- Born: Rachelle Ranae Pauli March 31, 1956 (age 70) Grants Pass, Oregon
- Criminal status: Released (November 2018)
- Spouse: David Shannon ​(m. 1974)​
- Children: 2
- Convictions: Attempted murder, arson, interference with commerce by force, interstate travel in aid of racketeering
- Criminal penalty: 23 years in prison

Details
- Country: United States
- Targets: Abortion providers and clinics in Oregon, California, Nevada, and Kansas
- Injured: George Tiller (shot)
- Weapons: Handgun, fire bombing
- Imprisoned at: Waseca FCI (1995–2018)

= Shelley Shannon =

American anti-abortion activist (born 1956)

Rachelle Ranae "Shelley" Shannon (born March 31, 1956) is an American anti-abortion activist who was convicted in a Kansas state court for the attempted murder of George Tiller by shooting him in his car in Wichita, Kansas in 1993. She was also convicted in U.S. federal court for ten attacks at abortion clinics using arson or acid. At her sentencing in U.S. District Court in 1995, the presiding judge described Shannon as a terrorist and agreed with prosecutors that she was a threat even from behind bars.
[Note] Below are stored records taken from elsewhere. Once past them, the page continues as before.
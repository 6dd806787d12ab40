-- ===== src/Directory/Entry.antt =====
-- DIR_ENTRY, and the functions of source/directory.c on the 32 bytes of an entry.
pub mod Root
use libfat.Base.{
  ℕ, zero, suc, ◌+◌, ◌-◌, ◌*◌, ◌/◌, ◌%◌, ◌^◌, Bool, true, false, not, ◌&&◌, ◌||◌, bit_and, bit_or,
  u16, u32, leb, ltb, ◌==◌, if◌then◌else◌, Buffer, memset,
}
use libfat.BitOps.{u8array_to_u16, u16_to_u8array, store}
use libfat.Partition.State.{Partition}
use libfat.Partition.Boot.{is_fat32}

pub record DirEntryPosition : Type 0 where
  pub cluster : ℕ
  pub sector : ℕ
  -- An int32_t as its 32 bits: -1 is 2 ^ 32 - 1.
  pub offset : ℕ

pub record DirEntry : Type 0 where
  pub entry_data : Buffer
  pub data_start : DirEntryPosition
  pub data_end : DirEntryPosition
  pub filename : Buffer

abbrev pub dir_entry_last : ℕ
dir_entry_last = 0x00

abbrev pub dir_entry_free : ℕ
dir_entry_free = 0xE5

abbrev pub dir_entry_data_size : ℕ
dir_entry_data_size = 0x20

abbrev pub fat16_root_dir_cluster : ℕ
fat16_root_dir_cluster = 0

abbrev pub attrib_dir : ℕ
attrib_dir = 0x10

-- tolower of <ctype.h>, in the C locale.
abbrev pub tolower : ℕ → ℕ
tolower c = if leb 0x41 c && leb c 0x5A then c + 32 else c

-- Copy characters up to a blank, from entryData[src] to destName[i]: the name and where it ends.
pub copy_name : ℕ → Buffer → ℕ → Bool → Buffer → ℕ → Buffer × ℕ
copy_name zero entry_data src lower dest i = (dest, i)
copy_name (suc left) entry_data src lower dest i =
    let c = entry_data src in
    let rest =
      copy_name left entry_data (src + 1) lower (store dest i (if lower then tolower c else c))
        (i + 1) in
    if c == 0x20 then (dest, i) else rest

pub alias_name : Buffer → Buffer → Buffer
unfolding copy_name
alias_name entry_data dest =
    let (base, i) = copy_name 8 entry_data 0 (not (bit_and (entry_data 0x0C) 0x08 == 0)) dest 0 in
    let (full, j) =
      copy_name 3 entry_data 0x08 (not (bit_and (entry_data 0x0C) 0x10 == 0)) (store base i 0x2E)
        (i + 1) in
    if entry_data 0x08 == 0x20 then store base i 0 else store full j 0

pub entry_get_alias : Buffer → Buffer → Bool × Buffer
unfolding alias_name
entry_get_alias entry_data dest_name =
    let d = store dest_name 0 0 in
    let dot = store d 0 0x2E in
    let result =
      if entry_data 0 == dir_entry_free
      then d
      else if entry_data 0 == 0x2E
      then (if entry_data 1 == 0x2E then store (store dot 1 0x2E) 2 0 else store dot 1 0)
      else alias_name entry_data d in
    (not (result 0 == 0), result)

unfoldable pub entry_get_cluster : Partition → Buffer → ℕ
entry_get_cluster p entry_data =
    if is_fat32 p.filesys_type
    then u32 (bit_or (u8array_to_u16 entry_data 0x1A) (u8array_to_u16 entry_data 0x14 * 2 ^ 16))
    else u8array_to_u16 entry_data 0x1A

-- The bytes of the root's entry but for its cluster.
abbrev pub root_name : Buffer
root_name =
    let blank = memset (memset (λ i. 0) 0 0 dir_entry_data_size) 0 0x20 11 in
    store (store blank 0 0x2E) 0x0B attrib_dir

pub get_root_entry : Partition → Bool × DirEntry
get_root_entry p =
    let start : DirEntryPosition = record { cluster = 0; sector = 0; offset = 0 } in
    (
      true,
      record {
        entry_data =
            u16_to_u8array (u16_to_u8array root_name 0x1A p.root_dir_cluster) 0x14
              (p.root_dir_cluster / 2 ^ 16);
        data_start = start;
        data_end = start;
        filename = store (λ i. 0) 0 0x2E;
      },
    )

-- The checksum of a short name: rotate right and add, on the bytes from `i` on.
pub alias_checksum : ℕ → Buffer → ℕ → ℕ → ℕ
alias_checksum zero entry_data i sum = sum
alias_checksum (suc left) entry_data i sum =
    alias_checksum left entry_data (i + 1)
      (((if bit_and sum 1 == 0 then 0 else 0x80) + sum / 2 + entry_data i) % 256)
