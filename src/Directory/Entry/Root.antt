-- ===== src/Directory/Entry/Root.antt =====
-- The entry that `_FAT_directory_getRootEntry` makes up.
use libfat.Base.{
  ℕ, ◌+◌, ◌/◌, ◌^◌, ◌<◌, ◌≡◌, inl, inr, arith, refl, ◌∙◌, u16, bit_or_low, Bool-cases,
  if◌then◌else◌, Buffer,
}
use libfat.BitOps.{u8array_to_u16, u16_to_u8array}
use libfat.BitOps.RoundTrip.{u8array-u8array}
use libfat.Partition.State.{Partition}
use libfat.Partition.Boot.{is_fat32}
use libfat.Directory.Entry.{entry_get_cluster, get_root_entry, root_name}

pub u8array_to_u16-same :
    (b c : Buffer) (o : ℕ)
    → b o ≡ c o
    → b (o + 1) ≡ c (o + 1)
    → u8array_to_u16 b o ≡ u8array_to_u16 c o
unfolding u8array_to_u16
u8array_to_u16-same b c o e e' = rw (e, e') refl

-- Both halves of a cluster number, as the two writes of `_FAT_directory_getRootEntry` leave them.
halves :
    (b : Buffer) (c : ℕ)
    → let d = u16_to_u8array (u16_to_u8array b 0x1A c) 0x14 (c / 2 ^ 16) in
      (u8array_to_u16 d 0x1A ≡ u16 c) × (u8array_to_u16 d 0x14 ≡ u16 (c / 2 ^ 16))
halves b c =
    let one = u8array-u8array b 0x1A c in
    let two = u8array-u8array (u16_to_u8array b 0x1A c) 0x14 (c / 2 ^ 16) in
    (
      u8array_to_u16-same _ (u16_to_u8array b 0x1A c) 0x1A (two.2 0x1A (inr (omega arith)))
            (two.2 0x1B (inr (omega arith)))
          ∙ one.0,
      two.0,
    )

-- A cluster number from its halves.
pub cluster_of_halves :
    (p : Partition) (d : Buffer) (c : ℕ)
    → c < (if is_fat32 p.filesys_type then 2 ^ 32 else 65536)
    → u8array_to_u16 d 0x1A ≡ u16 c
    → u8array_to_u16 d 0x14 ≡ u16 (c / 2 ^ 16)
    → entry_get_cluster p d ≡ c
unfolding entry_get_cluster
cluster_of_halves p d c h low high = elim (Bool-cases (is_fat32 p.filesys_type)) [
  | inl wide ↦
      let small : c < 2 ^ 32 = rw wide at h in
      rw (wide, low, high) (omega (arith, bit_or_low 16 (u16 c) (u16 (c / 2 ^ 16)) (omega arith)))
  | inr narrow ↦ let small : c < 65536 = rw narrow at h in rw (narrow, low) (omega arith)
]

-- `_FAT_directory_entryGetCluster` of the entry that `_FAT_directory_getRootEntry` makes is the
-- root directory's cluster: on FAT32 for every 32-bit number, else for every 16-bit number. The
-- entry counts as a directory in use.
pub entry_get_cluster-get_root_entry :
    (p : Partition)
    → p.root_dir_cluster < (if is_fat32 p.filesys_type then 2 ^ 32 else 65536)
    → let e = (get_root_entry p).1 in
      (entry_get_cluster p e.entry_data ≡ p.root_dir_cluster)
      × (e.entry_data 0x0B ≡ 0x10)
      × (e.entry_data 0 ≡ 0x2E)
unfolding get_root_entry
entry_get_cluster-get_root_entry p h =
    let b = root_name in
    let c = p.root_dir_cluster in
    let (low, high) = halves b c in
    let kept = λ (i : ℕ) (lt : i < 0x14).
      (u8array-u8array (u16_to_u8array b 0x1A c) 0x14 (c / 2 ^ 16)).2 i (inl lt)
      ∙ (u8array-u8array b 0x1A c).2 i (inl (omega arith)) in
    (cluster_of_halves p _ c h low high, kept 0x0B (omega arith), kept 0 (omega arith))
She served her sentence at the Federal Correctional Institution in Waseca, Minnesota and was released in November 2018.

==Involvement in anti-abortion movement==
Shannon became involved in the anti-abortion movement around 1988. She was arrested several times for trespassing and physically obstructing access to clinics.
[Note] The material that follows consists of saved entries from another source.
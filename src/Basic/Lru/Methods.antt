-- ===== src/Basic/Lru/Methods.antt =====
-- The methods of the `Lru` of src/basic/lru.rs, from a state that stands for the entries `l`, do what
-- the specification says of `l`, without a fault.
use test_thread_safe_lru_cac.Base.{
  ℕ, ◌≤◌, ◌<◌, ◌≡◌, refl, sym, ◌∙◌, Option, none, some, List, [], ◌∷◌, ◌==◌, leb, if◌then◌else◌,
  ◌>>=◌, arith, length, Option-cases, inl, inr, ap,
}
use test_thread_safe_lru_cac.Assoc
use test_thread_safe_lru_cac.Spec.{
  drop_last, lru_push, lru_push_hit, lru_push_miss, lru_get, lru_get_hit, lru_get_miss,
}
use test_thread_safe_lru_cac.Chain.{erase}
use test_thread_safe_lru_cac.Chain.Erase.{length-erase}
use test_thread_safe_lru_cac.Store.{entry_of}
use test_thread_safe_lru_cac.Store.Index.{Indexed-cong, key_of-entry_of, Unique-entries}
use test_thread_safe_lru_cac.Store.Entries.{entries_cong}
use test_thread_safe_lru_cac.Basic.Dll
use test_thread_safe_lru_cac.Basic.Dll.Methods.{move_to_front-IsValid}
use test_thread_safe_lru_cac.Basic.Lru.{Lru, new, size, is_empty, get, push}
use test_thread_safe_lru_cac.Basic.Lru.Map.{Resolves-cong, map_get_lem}
use test_thread_safe_lru_cac.Basic.Lru.Refine.{IsCacheOf, lookup-Hit, lookup_miss, length-IsCacheOf}
use test_thread_safe_lru_cac.Basic.Lru.Push.{take_present-IsCacheOf, evict-Roomy, add-IsCacheOf}

module _ {K V : Type 0} (dec : Discrete K) (cap : ℕ) where
  -- A new cache of positive capacity is empty.
  pub new-IsCacheOf : 0 < cap → (c : Lru K V) × (new cap ≡ some c) × IsCacheOf dec cap c []
  unfolding new Dll.new
  new-IsCacheOf h = (
    record { dll = Dll.new; map = []; size = 0; cap = cap },
    ground arith,
    record {
      order = [];
      index = [];
      chain = record {
        linked = record {
          distinct = tt;
          head_is = refl;
          tail_is = refl;
          linked = λ a m. ground arith;
        };
        live = λ a. refl;
        size_is = refl;
      };
      indexed = record {
        unique = tt;
        sound = λ k a e. ground arith;
        complete = λ k a e. ground arith;
      };
      resolves = tt;
      holds = refl;
      size_is = refl;
      bound = omega arith;
      cap_is = refl;
      positive = h;
    },
  )

  pub Unique-IsCacheOf :
      {c : Lru K V} {l : List (K × V)} → IsCacheOf dec cap c l → Assoc.Unique dec l
  Unique-IsCacheOf {c} r =
      rw (← r.holds)
        (Unique-entries dec r.index c.dll.cells r.order r.indexed r.chain.linked.distinct)

  lru_push_parts :
      {c : Lru K V} {l : List (K × V)} (k : K) (v : V)
      → IsCacheOf dec cap c l
      → lru_push dec cap k v l
        ≡ (k, v)
          ∷ (if leb cap (length (Assoc.remove dec k l))
              then drop_last (Assoc.remove dec k l)
              else Assoc.remove dec k l)
  lru_push_parts {c} {l} k v r = elim (Option-cases (Assoc.get dec k l)) [
    | inl e ↦ rw (Assoc.remove_absent dec k l e, lru_push_miss dec cap k v l e)
    | inr (w, e) ↦
        lru_push_hit dec cap k v l e
        ∙ ap (◌∷◌ (k, v))
            (ground (arith, Assoc.length-remove dec k l, length-IsCacheOf dec cap r, r.bound))
  ]

  -- From a cache that stands for a list of entries, push of the pointer-based LRU uses no dangling
  -- key reference or box, does not panic, and does what the LRU specification says, for every
  -- unused address of the new box.
  pub push-IsCacheOf :
      {c : Lru K V} {l : List (K × V)} (fresh : ℕ) (k : K) (v : V)
      → IsCacheOf dec cap c l
      → c.dll.cells fresh ≡ none
      → (c' : Lru K V) × (push dec fresh c k v ≡ some c')
        × IsCacheOf dec cap c' (lru_push dec cap k v l)
  unfolding push
  push-IsCacheOf {c} {l} fresh k v r vacant =
      let (c1, e1, r1, v1) = take_present-IsCacheOf dec cap k r in
      let (c2, e2, r2) = evict-Roomy dec cap r1 in
      let gone = r2.absent k (Assoc.get-remove_self dec k l (Unique-IsCacheOf r)) in
      let (c3, e3, r3) =
        add-IsCacheOf dec cap fresh k v r2.stands (r2.vacant fresh (v1 fresh vacant)) r2.room
          gone in
      (c3, rw (e1, e2, e3) refl, rw (lru_push_parts k v r) r3)

  get_hit :
      {c : Lru K V} {l : List (K × V)} (r : IsCacheOf dec cap c l) (k : K) (a : ℕ)
      → Assoc.get dec k r.index ≡ some a
      → (c' : Lru K V) × (get dec c k ≡ some (c', Assoc.get dec k l))
        × IsCacheOf dec cap c' (lru_get dec k l)
  unfolding get
  get_hit {c} {l} r k a e =
      let h = lookup-Hit dec cap r k a e in
      let (d', e', v, same) = move_to_front-IsValid c.dll r.order r.chain a h.member in
      (
        record c { dll = d' },
        rw (map_get_lem dec c.dll.cells k c.map r.index r.resolves, e, e', h.found)
            (reads d' h.value (same a ∙ h.entry)),
        rw (lru_get_hit dec k l h.found) (record {
          order = a ∷ erase a r.order;
          index = r.index;
          chain = v;
          indexed = Indexed-cong c.dll.cells d'.cells same r.indexed;
          resolves =
              Resolves-cong dec c.dll.cells d'.cells c.map r.index
                (λ b j g f. key_of-entry_of (d'.cells b) (c.dll.cells b) (same b) ∙ f) r.resolves;
          holds = ground (
            arith,
            same a,
            h.entry,
            h.taken,
            entries_cong c.dll.cells d'.cells (erase a r.order) (λ b m. same b),
          );
          size_is = r.size_is ∙ sym (length-erase a r.order h.member);
          bound = omega (arith, r.bound, length-erase a r.order h.member);
          cap_is = r.cap_is;
          positive = r.positive;
        }),
      )
    where
      reads :
          (d' : Dll.Dll K V) (w : V)
          → entry_of (d'.cells a) ≡ some (k, w)
          → ◌>>=◌ {B = Lru K V × Option V}
              (d'.cells a)
              (λ n. some (record c { dll = d' }, some n.value))
            ≡ some (record c { dll = d' }, some w)
      reads d' w f = elim (Option-cases (d'.cells a)) [
        | inl o ↦ absurd (ground arith)
        | inr (n, o) ↦ rw o (ground arith)
      ]

  -- From a cache that stands for a list of entries, get of the pointer-based LRU uses no dead box,
  -- does not panic, returns the value of the key if it is cached, and makes it the most recent
  -- entry.
  pub get-IsCacheOf :
      {c : Lru K V} {l : List (K × V)} (k : K)
      → IsCacheOf dec cap c l
      → (c' : Lru K V) × (get dec c k ≡ some (c', Assoc.get dec k l))
        × IsCacheOf dec cap c' (lru_get dec k l)
  unfolding get
  get-IsCacheOf {c} {l} k r = elim (Option-cases (Assoc.get dec k r.index)) [
    | inl e ↦
        let miss = lookup_miss dec cap r k e in
        (
          c,
          rw (map_get_lem dec c.dll.cells k c.map r.index r.resolves, e, miss) refl,
          rw (lru_get_miss dec k l miss) r,
        )
    | inr (a, e) ↦ get_hit r k a e
  ]

  -- From a cache that stands for a list of entries, the assertion in size of the pointer-based LRU
  -- holds, size and is_empty report the number of entries, and that is at most the capacity.
  pub size-IsCacheOf :
      {c : Lru K V} {l : List (K × V)}
      → IsCacheOf dec cap c l
      → (size c ≡ some (length l)) × (is_empty c ≡ (0 == length l)) × (length l ≤ cap)
  unfolding size is_empty
  size-IsCacheOf {c} {l} r = (
    ground (arith, r.size_is, r.chain.size_is, length-IsCacheOf dec cap r),
    rw (r.size_is, length-IsCacheOf dec cap r),
    omega (arith, r.bound, length-IsCacheOf dec cap r),
  )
After the murder of an abortion provider in Pensacola in 1993, Shannon wrote at least 25 letters to the perpetrator, calling him a "hero" and "brave soldier" and describing her disillusionment with nonviolence. She traveled to Kentucky to visit John Brockhoeft, convicted of firebombing a Cincinnati abortion clinic.

==Attempted murder of George Tiller==
On August 19, 1993, Shelley Shannon shot physician George Tiller in both arms, while he was in his car outside his Wichita, Kansas abortion clinic.

Shannon was a resident of Grants Pass, Oregon, and had been a part of the anti-abortion movement for at least five years at the time she shot Tiller. She had written in support of Michael Griffin, the murderer of David Gunn, calling Griffin "the awesomest, greatest hero of our time." Tiller's Wichita clinic was the site of frequent demonstrations and incidents of direct action by those opposed to abortion and of counter-demonstrations by abortion rights activists. Under cover of such a fracas, Shannon shot Tiller with a semiautomatic pistol.

Tiller was assassinated on May 31, 2009, by Scott Roeder.

==Trial and imprisonment==
At her trial in state court, Shannon testified that there was nothing immoral about trying to kill Tiller. The jurors needed only an hour to convict her of attempted murder. She was sentenced to 11 years in prison.

While incarcerated in Lansing, Kansas, Shannon signed the Army of God's statement in support of the actions of Paul Jennings Hill, identifying herself as a "prisoner of Christ".

On June 4, 1995, she pleaded guilty to setting fires at several abortion clinics in Oregon, California and Nevada. She had been indicted by federal grand juries on 30 counts in connection with fires and butyric acid attacks at nine clinics. Charges included arson, interference with commerce by force and interstate travel in aid of racketeering.
On September 9, 1995, U.S. Federal District Court Judge James A. Redden sentenced Shannon to 20 years in prison—a substantial upward departure from sentencing guidelines. In sentencing her, Redden called her a terrorist. He sided with prosecutors who contended that Shannon was a threat even from behind bars. The federal sentence was set to begin only after the completion of Shannon's 11-year state incarceration for shooting Tiller.

Her daughter, Angela Shannon, was prosecuted for sending a death threat in 1993 to George Woodward, a Milwaukee doctor who performed abortions. (The letter arrived on March 3, 1993 — a week before the murder of David Gunn.) The elder Shannon attempted to take the blame for the death threat, but in view of Angela's fingerprints having been found on the letter, Angela was convicted and sentenced to 46 months' incarceration in 1997. Her sentence was finished in 2001.

In 1998, Shannon filed a lawsuit contending that the sewage system in the Kansas prison was inadequate, and that sewage backups created unhealthful conditions for the inmates. Her lawsuit was dismissed by Federal District Court Judge Kathryn Vratil in Kansas City, Kansas. The dismissal was upheld by a 2-1 vote of the 10th U.S. Circuit Court of Appeals, stating there wasn't sufficient proof the warden knew about the sewer problems. Before Shannon's attorney could refile, the sewer system and other problems were corrected.

Shannon had been in ongoing contact with controversial anti-abortionist Donald Spitz during her incarceration at Waseca federal prison as well as at the time of her release.